Welcome aboard MasterG. 
What does MasterG stand for? Jag's man servant?


----------



## archerdad

i heard something about a big head and someone winning loads of cash over the weekend...

someone applying for a caddy position or something like that...:tongue: 

welcome!!


----------



## archerdad

oh yeah.. i forgot..

i heard he was single.. and looking...


----------



## ryanpalomba

archerdad said:


> oh yeah.. i forgot..
> 
> i heard he was single.. and looking...


LOL. That is what I heard as well.


----------



## BOWJOE

Welcome Tony


----------



## MasterG

ryanpalomba said:


> Welcome aboard MasterG.
> What does MasterG stand for? Jag's man servant?

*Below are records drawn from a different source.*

-- ===== src/Broker/Publish.antt =====
-- broker.rs: the fan-out of a PUBLISH, and of a Will.
use hotaru_mqtt.Base.{List, [], ◌∷◌, false, Option, none, some, ltb, if◌then◌else◌, Bytes, str_eq}
use hotaru_mqtt.Request.{WillMessage}
use hotaru_mqtt.Request.Qos.{Qos, as_u8, min_qos}
use hotaru_mqtt.Packet.{PublishPacket}
use hotaru_mqtt.Topic.Split.{split}
use hotaru_mqtt.DashMap.{get, str_key}
use hotaru_mqtt.Session.{MqttSession, allocate_packet_id, track_outbound_inflight}
use hotaru_mqtt.Channel.{MqttChannel, send_publish}
use hotaru_mqtt.Broker.Tree.{matching}
use hotaru_mqtt.Broker.State.{BrokerInner, set_channel}

-- The packet that one subscriber is sent, and its session.
unfoldable pub adjust : PublishPacket → Qos → MqttSession → MqttSession × PublishPacket
adjust packet sub_qos session =
    let effective_qos = min_qos packet.qos sub_qos in
    let (allocated, id) = allocate_packet_id session in
    let adjusted = record packet {
      dup = false;
      qos = effective_qos;
      retain = false;
      packet_id = none;
    } in
    if ltb 0 (as_u8 effective_qos)
    then (track_outbound_inflight id packet allocated, record adjusted { packet_id = some id })
    else (session, adjusted)

unfoldable pub deliver : PublishPacket → Qos → MqttChannel → MqttChannel
deliver packet sub_qos ch =
    let (session, adjusted) = adjust packet sub_qos ch.session in
    (send_publish adjusted (record ch { session = session })).0

-- The body of the loop over `matching`.
unfoldable pub publish_one : Bytes → PublishPacket → Bytes → Qos → BrokerInner → BrokerInner
publish_one source packet sub_id sub_qos st =
    if str_eq sub_id source then st else elim (get sub_id st.sessions) [
      | none ↦ st
      | some entry ↦
          set_channel entry.connection_id (deliver packet sub_qos (st.channels entry.connection_id))
            st
    ]

unfoldable pub publish_loop : Bytes → PublishPacket → List (Bytes × Qos) → BrokerInner → BrokerInner
publish_loop source packet [] st = st
publish_loop source packet ((sub_id, sub_qos) ∷ rest) st =
    publish_loop source packet rest (publish_one source packet sub_id sub_qos st)

unfoldable pub publish : Bytes → PublishPacket → BrokerInner → BrokerInner
publish source packet st =
    publish_loop source packet (matching (split packet.topic) st.subscriptions) st

abbrev pub will_packet : WillMessage → PublishPacket
will_packet will = record {
  topic = will.topic;
  payload = will.payload;
  dup = false;
  qos = will.qos;
  retain = will.retain;
  packet_id = none;
}

unfoldable pub publish_will : Option WillMessage → BrokerInner → BrokerInner
publish_will none st = st
publish_will (some will) st = publish [] (will_packet will) st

 Ok Ryan let me explain it real slow so you can understand the concept of MASTER, I am totally in charge at my house ...... When everyone else is gone! :wink:


----------



## MasterG

archerdad said:


> oh yeah.. i forgot..
> 
> i heard he was single.. and looking...


Only if she doesn't ever know what Archery is! I am tired of getting beat by a girl !:embara:


----------



## MasterG

archerdad said:


> i heard something about a big head and someone winning loads of cash over the weekend...
> 
> someone applying for a caddy position or something like that...:tongue:
> 
> welcome!!


 Heck yeah I am appling for the caddy position, I will get to hold the umbrella and everything.:whoo: 
besides did you see that bank she made last weekend!:tongue:


----------



## JAG

:hail: whatever


----------



## archerdad

MasterG said:


> Heck yeah I am appling for the caddy position, I will get to hold the umbrella and everything.:whoo:
> besides did you see that bank she made last weekend!:tongue:


heck yeah man... big $$$$
what else do you expect from a staff shooter????


----------



## ryanpalomba

When nobody else is home huh?


----------



## DFArcher

You don't really live in Jacktown do ya...nobody does! :wink: I'm about 5 miles north of the fire station.


----------



## MasterG

DFArcher said:


> You don't really live in Jacktown do ya...nobody does! :wink: I'm about 5 miles north of the fire station.


Yes Sir, I live 1-1/4 miles south of 62 and 177:thumbs_up


----------



## MasterG

ryanpalomba said:


> When nobody else is home huh?


Remember that part is a :secret: :zip:


----------



## MasterG

archerdad said:


> heck yeah man... big $$$$
> what else do you expect from a staff shooter????


Thats what I am talking about, oh and check it out I have been practicing for my new position! :rain:


----------



## JAG

MasterG said:


> Thats what I am talking about, oh and check it out I have been practicing for my new position! :rain:


Awww, Quit your cryin:hurt:


----------



## archerdad

the force is strong here... is the training almost finished?:rain:


----------



## MasterG

Getting Closer all the time! :humble:


----------



## archerdad

rock on !!:wink:


----------



## thespyhunter

Hello from Glenpool, Oklahoma. Welcome !

Blessings


----------



## meanv2

Welcome to AT and enjoy all the great things over here!!


----------



## pseshooter300

Welcome to AT.


----------